Italy soon pays the EU’s first check, approving on Tuesday its stimulus plan, funded by unprecedented public debt, which is said to be floating an economy devastated by the corona virus epidemic.
“This is a day to add pride to our country,” underlined President Mario Draghi from the famous Cincinnati movie studios in Rome, who addressed the press with Commission Chairman Ursula van der Leyen.
The recovery plan is “an opportunity for a generation to invest in Italy’s strength and turn Italy into a development engine in Europe. You have the full support of the European Commission, “she told the Associated Press.
As the first beneficiary of the மீ 191.5 billion European recovery program in loans and grants, Italy has no right to make mistakes, especially the so-called “cheap” countries that have expressed skepticism about the use of funds.
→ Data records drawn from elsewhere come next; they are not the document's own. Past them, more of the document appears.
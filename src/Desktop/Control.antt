-- ===== src/Desktop/Control.antt =====
-- How the measurement engine admits commands, `Control` and `serve` of
-- crates/iv-desktop/src/engine.rs. The thread that reads the commands and the engine share the flags
-- of `Control` and a queue. A step of either is one access to what they share, or a few in a row:
-- the test before an admission, whose flags nobody but the reader sets; the two stores after a latch;
-- a send that fails with the stores after it; those that clear `stop` and `off`; and those at the
-- end of a round. What a command does to the outputs is not part of this state, nor is the
-- heartbeat.
pub mod Cases
pub mod Exclusive
pub mod Latched
pub mod Cancelled
use kohdalab_iv.Common.{
  ℕ, zero, suc, Bool, true, false, not, ◌&&◌, ◌||◌, Option, none, some, List, [], ◌∷◌, ◌++◌,
  if◌then◌else◌,
}

pub data SafetyBit : Type 0 where
  safety_stop safety_gate_off safety_source_off safety_source2_off safety_all_off : SafetyBit

-- The commands, with `P` for the fields of those that act later; `other` is any of the rest.
pub data Command (P : Type 0) : Type 0 where
  heartbeat stop_run gate_output_off output_off shut_down : Command P
  source_dc_off : Bool → Command P
  run set_gate_voltage set_source_dc other : P → Command P

unfoldable pub same_bit : SafetyBit → SafetyBit → Bool
same_bit safety_stop safety_stop = true
same_bit safety_gate_off safety_gate_off = true
same_bit safety_source_off safety_source_off = true
same_bit safety_source2_off safety_source2_off = true
same_bit safety_all_off safety_all_off = true
same_bit _ _ = false

-- `pending_safety`, a byte with one bit for each request.
abbrev pub Mask : Type 0
Mask = SafetyBit → Bool

unfoldable pub latch : SafetyBit → Mask → Mask
latch b mask = λ c. same_bit c b || mask c

unfoldable pub unlatch : SafetyBit → Mask → Mask
unlatch b mask = λ c. not (same_bit c b) && mask c

unfoldable pub is_pending : Mask → Bool
is_pending mask =
    mask safety_stop
    || (mask safety_gate_off
        || (mask safety_source_off || (mask safety_source2_off || mask safety_all_off)))

-- The requests that also set `off`.
abbrev pub turns_off : SafetyBit → Bool
turns_off safety_stop = false
turns_off _ = true

module _ {P : Type 0} where
  unfoldable pub safety_bit : Command P → Option SafetyBit
  safety_bit stop_run = some safety_stop
  safety_bit gate_output_off = some safety_gate_off
  safety_bit (source_dc_off false) = some safety_source_off
  safety_bit (source_dc_off true) = some safety_source2_off
  safety_bit output_off = some safety_all_off
  safety_bit _ = none

  unfoldable pub command_of : SafetyBit → Command P
  command_of safety_stop = stop_run
  command_of safety_gate_off = gate_output_off
  command_of safety_source_off = source_dc_off false
  command_of safety_source2_off = source_dc_off true
  command_of safety_all_off = output_off

  unfoldable pub output_operation : Command P → Bool
  output_operation (run _) = true
  output_operation (set_gate_voltage _) = true
  output_operation (set_source_dc _) = true
  output_operation _ = false

module _ {P : Type 0} where
  abbrev pub is_run : Command P → Bool
  is_run (run _) = true
  is_run _ = false

  abbrev pub is_set_source_dc : Command P → Bool
  is_set_source_dc (set_source_dc _) = true
  is_set_source_dc _ = false

-- A command with the job of the interface that it is part of.
abbrev pub Item : Type 0 → Type 0 → Type 0
Item J P = Option J × Command P

-- Where the reader is: before the next command, after a latch, before the command of a latch is
-- sent, before `running` is set for a command, before a command is sent, or at the end.
pub data Reader (J P : Type 0) : Type 0 where
  idle finished : Reader J P
  latched sending : SafetyBit → Reader J P
  reserving submitting : Item J P → Reader J P

-- Where the engine is: before the test of `closed`, before it receives, in the handler of a command,
-- after it took the bit of the command back, before it clears `stop` and `off`, at the end of the
-- round, or after the loop.
pub data Engine (J P : Type 0) : Type 0 where
  waiting receiving left : Engine J P
  executing acknowledged clearing releasing : Item J P → Engine J P

pub record Control (J P : Type 0) : Type 0 where
  pub stop : Bool
  pub off : Bool
  pub gate_request_rejected : Option (Option J)
  pub source_dc_request_rejected : Option (Option J)
  pub run_request_rejected : Option (Option J)
  pub pending_safety : Mask
  pub running : Bool
  pub closed : Bool
  pub queue : List (Item J P)
  pub reader : Reader J P
  pub engine : Engine J P

-- What happens next: a command arrives, the input ends, the thread that writes the states loses its
-- reader, or the reader or the engine goes on.
pub data Event (J P : Type 0) : Type 0 where
  input : Item J P → Event J P
  input_ends output_lost reader_runs engine_runs : Event J P

module _ {J P : Type 0} where
  abbrev pub new : Control J P
  new = record {
    stop = false;
    off = false;
    gate_request_rejected = none;
    source_dc_request_rejected = none;
    run_request_rejected = none;
    pending_safety = λ _. false;
    running = false;
    closed = false;
    queue = [];
    reader = idle;
    engine = waiting;
  }

  -- With whether two seconds have passed since the last command.
  unfoldable pub cancelled : Bool → Control J P → Bool
  cancelled late s = s.stop || (is_pending s.pending_safety || (s.closed || late))

  -- After the loop of the reader.
  abbrev pub close_input : Control J P → Control J P
  close_input s = record s { closed = true; stop = true; reader = finished }

  abbrev pub latch_safety : SafetyBit → Control J P → Control J P
  latch_safety b s = record s { pending_safety = latch b s.pending_safety; reader = latched b }

  -- A slot for a rejected request keeps one job.
  unfoldable pub fill_slot : Option (Option J) → Control J P → Control J P → Control J P
  fill_slot none next s = next
  fill_slot (some _) next s = close_input s

  -- A request for an output that is not admitted.
  unfoldable pub reject : Item J P → Control J P → Control J P
  reject item s =
      if is_run item.1
      then fill_slot s.run_request_rejected (record s { run_request_rejected = some item.0 }) s
      else (if is_set_source_dc item.1
          then fill_slot s.source_dc_request_rejected
              (record s { source_dc_request_rejected = some item.0 }) s
          else fill_slot s.gate_request_rejected (record s { gate_request_rejected = some item.0 })
              s)

  unfoldable pub admit : Item J P → Control J P → Control J P
  admit item s =
      if output_operation item.1
      then (if s.running || is_pending s.pending_safety
          then reject item s
          else record s { reader = reserving item })
      else record s { reader = submitting item }

  unfoldable pub latch_or_admit : Option SafetyBit → Item J P → Control J P → Control J P
  latch_or_admit (some b) item s = latch_safety b s
  latch_or_admit none item s = admit item s

  unfoldable pub read_command : Item J P → Control J P → Control J P
  read_command item s = elim item.1 [
    | heartbeat ↦ s
    | shut_down ↦ close_input s
    | command ↦ latch_or_admit (safety_bit command) item s
  ]

  -- The queue is bounded, and nobody receives after the loop of the engine.
  unfoldable pub has_room : List (Item J P) → ℕ → Bool
  has_room _ zero = false
  has_room [] (suc n) = true
  has_room (_ ∷ queue) (suc n) = has_room queue n

  abbrev pub is_left : Engine J P → Bool
  is_left left = true
  is_left _ = false

  unfoldable pub can_send : Control J P → Bool
  can_send s = not (is_left s.engine) && has_room s.queue 8

  -- The command of a latch could not be sent.
  unfoldable pub safety_unsent : SafetyBit → Control J P → Control J P
  safety_unsent safety_stop s = close_input s
  safety_unsent _ s = record s { closed = true; reader = idle }

  -- The next step of the reader on a command that it has begun.
  unfoldable pub reader_step : Reader J P → Control J P → Control J P
  reader_step idle s = s
  reader_step finished s = s
  reader_step (latched b) s = record s {
    off = s.off || turns_off b;
    stop = true;
    reader = sending b;
  }
  reader_step (sending b) s =
      if can_send s
      then record s { queue = s.queue ++ (none, command_of b) ∷ []; reader = idle }
      else safety_unsent b s
  reader_step (reserving item) s = record s { running = true; reader = submitting item }
  reader_step (submitting item) s =
      if can_send s
      then record s { queue = s.queue ++ item ∷ []; reader = idle }
      else close_input (record s { running = not (output_operation item.1) && s.running })

  abbrev pub is_finished : Reader J P → Bool
  is_finished finished = true
  is_finished _ = false

  unfoldable pub receive : List (Item J P) → Control J P → Control J P
  receive [] s = record s { engine = (if is_finished s.reader then left else waiting) }
  receive (item ∷ queue) s = record s { queue = queue; engine = executing item }

  -- `acknowledge_safety`, up to its test.
  unfoldable pub acknowledge : Option SafetyBit → Item J P → Control J P → Control J P
  acknowledge none item s = record s { engine = releasing item }
  acknowledge (some b) item s = record s {
    pending_safety = unlatch b s.pending_safety;
    engine = acknowledged item;
  }

  unfoldable pub engine_step : Engine J P → Control J P → Control J P
  engine_step waiting s = record s { engine = (if s.closed then left else receiving) }
  engine_step receiving s = receive s.queue s
  engine_step left s = s
  engine_step (executing item) s = acknowledge (safety_bit item.1) item s
  engine_step (acknowledged item) s = record s {
    engine = (if is_pending s.pending_safety then releasing item else clearing item);
  }
  engine_step (clearing item) s = record s { stop = false; off = false; engine = releasing item }
  engine_step (releasing item) s = record s {
    running = not (output_operation item.1) && s.running;
    gate_request_rejected = none;
    source_dc_request_rejected = none;
    run_request_rejected = none;
    engine = waiting;
  }

  unfoldable pub when_idle : Reader J P → Control J P → Control J P → Control J P
  when_idle idle next s = next
  when_idle _ next s = s

  unfoldable pub step : Event J P → Control J P → Control J P
  step (input item) s = when_idle s.reader (read_command item s) s
  step input_ends s = when_idle s.reader (close_input s) s
  step output_lost s = record s { closed = true; stop = true }
  step reader_runs s = reader_step s.reader s
  step engine_runs s = engine_step s.engine s

  unfoldable pub run_steps : List (Event J P) → Control J P → Control J P
  run_steps [] s = s
  run_steps (event ∷ events) s = run_steps events (step event s)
“We all have a responsibility to European citizens who pay taxes to fund our national program. We have a responsibility to do better, before implementing the reforms” at maximum speed, “he said.
To satisfy the revolt of the states led by the Netherlands and Austria without hesitation, Brussels provided 7 750 billion provided by the broader European common loan program in the implementation of the reforms.
– Pressure on Rome –
The pressure on Rome is enormous: “If the Italian plan fails, it will call into question the entire European policy of general European policy,” said Carlo Aldomont, a professor of economics at the University of Pocono who was interviewed by AFP.
“Cheap countries will say + we said, you can’t spend European manna well +”.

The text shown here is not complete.